Extracted entries:
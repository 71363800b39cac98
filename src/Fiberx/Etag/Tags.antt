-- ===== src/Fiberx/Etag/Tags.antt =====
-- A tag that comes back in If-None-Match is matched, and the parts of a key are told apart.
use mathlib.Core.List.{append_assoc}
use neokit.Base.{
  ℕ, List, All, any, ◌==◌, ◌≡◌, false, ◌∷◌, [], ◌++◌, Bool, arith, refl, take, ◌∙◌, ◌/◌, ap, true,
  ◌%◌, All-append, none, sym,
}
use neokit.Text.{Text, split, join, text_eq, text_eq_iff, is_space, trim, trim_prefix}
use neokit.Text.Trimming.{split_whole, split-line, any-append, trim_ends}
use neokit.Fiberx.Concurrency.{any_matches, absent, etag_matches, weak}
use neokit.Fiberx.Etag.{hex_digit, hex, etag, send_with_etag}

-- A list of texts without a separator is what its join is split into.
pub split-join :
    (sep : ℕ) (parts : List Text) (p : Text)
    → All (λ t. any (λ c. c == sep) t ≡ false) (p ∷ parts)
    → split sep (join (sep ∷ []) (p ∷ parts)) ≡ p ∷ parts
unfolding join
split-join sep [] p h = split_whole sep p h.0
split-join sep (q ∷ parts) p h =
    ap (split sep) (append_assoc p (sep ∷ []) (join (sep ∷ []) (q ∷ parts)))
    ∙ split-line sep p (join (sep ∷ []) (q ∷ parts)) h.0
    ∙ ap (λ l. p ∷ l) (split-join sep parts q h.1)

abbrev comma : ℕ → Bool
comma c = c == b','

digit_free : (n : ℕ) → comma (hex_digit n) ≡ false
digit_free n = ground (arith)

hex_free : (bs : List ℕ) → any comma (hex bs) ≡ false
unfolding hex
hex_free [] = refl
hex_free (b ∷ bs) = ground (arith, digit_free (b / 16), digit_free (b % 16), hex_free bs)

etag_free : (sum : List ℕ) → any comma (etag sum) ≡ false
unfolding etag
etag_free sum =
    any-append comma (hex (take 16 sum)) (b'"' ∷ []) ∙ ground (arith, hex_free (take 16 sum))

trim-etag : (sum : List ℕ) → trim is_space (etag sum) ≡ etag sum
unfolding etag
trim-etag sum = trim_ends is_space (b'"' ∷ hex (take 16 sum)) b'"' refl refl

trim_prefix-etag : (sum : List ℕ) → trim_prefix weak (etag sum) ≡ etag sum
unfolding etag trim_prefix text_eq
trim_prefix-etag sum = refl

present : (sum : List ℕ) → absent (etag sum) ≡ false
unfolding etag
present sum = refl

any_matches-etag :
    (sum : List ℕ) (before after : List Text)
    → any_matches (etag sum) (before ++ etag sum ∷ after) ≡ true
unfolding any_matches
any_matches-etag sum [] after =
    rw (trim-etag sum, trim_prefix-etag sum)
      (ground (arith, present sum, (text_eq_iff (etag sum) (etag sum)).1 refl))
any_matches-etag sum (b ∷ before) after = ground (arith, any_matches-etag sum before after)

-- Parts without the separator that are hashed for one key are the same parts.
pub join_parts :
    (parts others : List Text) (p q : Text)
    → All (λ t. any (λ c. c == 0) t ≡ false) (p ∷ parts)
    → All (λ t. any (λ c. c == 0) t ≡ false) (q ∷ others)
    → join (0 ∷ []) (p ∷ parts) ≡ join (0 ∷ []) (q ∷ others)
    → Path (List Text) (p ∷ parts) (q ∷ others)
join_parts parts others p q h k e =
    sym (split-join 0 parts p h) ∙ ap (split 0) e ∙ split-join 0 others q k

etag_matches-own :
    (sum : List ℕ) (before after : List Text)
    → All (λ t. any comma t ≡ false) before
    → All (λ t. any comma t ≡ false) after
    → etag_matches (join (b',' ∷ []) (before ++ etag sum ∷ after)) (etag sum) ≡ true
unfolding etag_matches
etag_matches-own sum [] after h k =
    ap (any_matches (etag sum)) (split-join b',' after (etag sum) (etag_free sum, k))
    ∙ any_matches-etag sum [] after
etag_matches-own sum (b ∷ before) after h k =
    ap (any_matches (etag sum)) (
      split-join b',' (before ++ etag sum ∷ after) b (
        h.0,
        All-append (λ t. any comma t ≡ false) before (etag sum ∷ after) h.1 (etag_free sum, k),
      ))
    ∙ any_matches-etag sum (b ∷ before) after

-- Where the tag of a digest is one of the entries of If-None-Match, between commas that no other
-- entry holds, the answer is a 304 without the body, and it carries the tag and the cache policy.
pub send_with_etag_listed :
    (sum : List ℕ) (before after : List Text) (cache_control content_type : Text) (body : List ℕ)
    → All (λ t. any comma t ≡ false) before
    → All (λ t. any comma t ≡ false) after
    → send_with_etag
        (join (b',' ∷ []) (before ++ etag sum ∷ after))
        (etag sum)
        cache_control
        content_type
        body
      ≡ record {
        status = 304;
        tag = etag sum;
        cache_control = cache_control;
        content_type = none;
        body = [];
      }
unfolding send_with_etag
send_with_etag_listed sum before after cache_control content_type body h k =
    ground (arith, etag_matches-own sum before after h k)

Goal of the exercise:
Nothing in the data should be left out when you retype it exactly.

Solution to this exercise:
repository 71363800b39cac98
filename src/Fiberx/Etag/Tags.antt
-- ===== src/Fiberx/Etag/Tags.antt =====
-- A tag that comes back in If-None-Match is matched, and the parts of a key are told apart.
use mathlib.Core.List.{append_assoc}
use neokit.Base.{
  ℕ, List, All, any, ◌==◌, ◌≡◌, false, ◌∷◌, [], ◌++◌, Bool, arith, refl, take, ◌∙◌, ◌/◌, ap, true,
  ◌%◌, All-append, none, sym,
}
use neokit.Text.{Text, split, join, text_eq, text_eq_iff, is_space, trim, trim_prefix}
use neokit.Text.Trimming.{split_whole, split-line, any-append, trim_ends}
use neokit.Fiberx.Concurrency.{any_matches, absent, etag_matches, weak}
use neokit.Fiberx.Etag.{hex_digit, hex, etag, send_with_etag}

-- A list of texts without a separator is what its join is split into.
pub split-join :
    (sep : ℕ) (parts : List Text) (p : Text)
    → All (λ t. any (λ c. c == sep) t ≡ false) (p ∷ parts)
    → split sep (join (sep ∷ []) (p ∷ parts)) ≡ p ∷ parts
unfolding join
split-join sep [] p h = split_whole sep p h.0
split-join sep (q ∷ parts) p h =
    ap (split sep) (append_assoc p (sep ∷ []) (join (sep ∷ []) (q ∷ parts)))
    ∙ split-line sep p (join (sep ∷ []) (q ∷ parts)) h.0
    ∙ ap (λ l. p ∷ l) (split-join sep parts q h.1)

abbrev comma : ℕ → Bool
comma c = c == b','

digit_free : (n : ℕ) → comma (hex_digit n) ≡ false
digit_free n = ground (arith)

hex_free : (bs : List ℕ) → any comma (hex bs) ≡ false
unfolding hex
hex_free [] = refl
hex_free (b ∷ bs) = ground (arith, digit_free (b / 16), digit_free (b % 16), hex_free bs)

etag_free : (sum : List ℕ) → any comma (etag sum) ≡ false
unfolding etag
etag_free sum =
    any-append comma (hex (take 16 sum)) (b'"' ∷ []) ∙ ground (arith, hex_free (take 16 sum))

trim-etag : (sum : List ℕ) → trim is_space (etag sum) ≡ etag sum
unfolding etag
trim-etag sum = trim_ends is_space (b'"' ∷ hex (take 16 sum)) b'"' refl refl

trim_prefix-etag : (sum : List ℕ) → trim_prefix weak (etag sum) ≡ etag sum
unfolding etag trim_prefix text_eq
trim_prefix-etag sum = refl

present : (sum : List ℕ) → absent (etag sum) ≡ false
unfolding etag
present sum = refl

any_matches-etag :
    (sum : List ℕ) (before after : List Text)
    → any_matches (etag sum) (before ++ etag sum ∷ after) ≡ true
unfolding any_matches
any_matches-etag sum [] after =
    rw (trim-etag sum, trim_prefix-etag sum)
      (ground (arith, present sum, (text_eq_iff (etag sum) (etag sum)).1 refl))
any_matches-etag sum (b ∷ before) after = ground (arith, any_matches-etag sum before after)

-- Parts without the separator that are hashed for one key are the same parts.
pub join_parts :
    (parts others : List Text) (p q : Text)
    → All (λ t. any (λ c. c == 0) t ≡ false) (p ∷ parts)
    → All (λ t. any (λ c. c == 0) t ≡ false) (q ∷ others)
    → join (0 ∷ []) (p ∷ parts) ≡ join (0 ∷ []) (q ∷ others)
    → Path (List Text) (p ∷ parts) (q ∷ others)
join_parts parts others p q h k e =
    sym (split-join 0 parts p h) ∙ ap (split 0) e ∙ split-join 0 others q k

etag_matches-own :
    (sum : List ℕ) (before after : List Text)
    → All (λ t. any comma t ≡ false) before
    → All (λ t. any comma t ≡ false) after
    → etag_matches (join (b',' ∷ []) (before ++ etag sum ∷ after)) (etag sum) ≡ true
unfolding etag_matches
etag_matches-own sum [] after h k =
    ap (any_matches (etag sum)) (split-join b',' after (etag sum) (etag_free sum, k))
    ∙ any_matches-etag sum [] after
etag_matches-own sum (b ∷ before) after h k =
    ap (any_matches (etag sum)) (
      split-join b',' (before ++ etag sum ∷ after) b (
        h.0,
        All-append (λ t. any comma t ≡ false) before (etag sum ∷ after) h.1 (etag_free sum, k),
      ))
    ∙ any_matches-etag sum (b ∷ before) after

-- Where the tag of a digest is one of the entries of If-None-Match, between commas that no other
-- entry holds, the answer is a 304 without the body, and it carries the tag and the cache policy.
pub send_with_etag_listed :
    (sum : List ℕ) (before after : List Text) (cache_control content_type : Text) (body : List ℕ)
    → All (λ t. any comma t ≡ false) before
    → All (λ t. any comma t ≡ false) after
    → send_with_etag
        (join (b',' ∷ []) (before ++ etag sum ∷ after))
        (etag sum)
        cache_control
        content_type
        body
      ≡ record {
        status = 304;
        tag = etag sum;
        cache_control = cache_control;
        content_type = none;
        body = [];
      }
unfolding send_with_etag
send_with_etag_listed sum before after cache_control content_type body h k =
    ground (arith, etag_matches-own sum before after h k)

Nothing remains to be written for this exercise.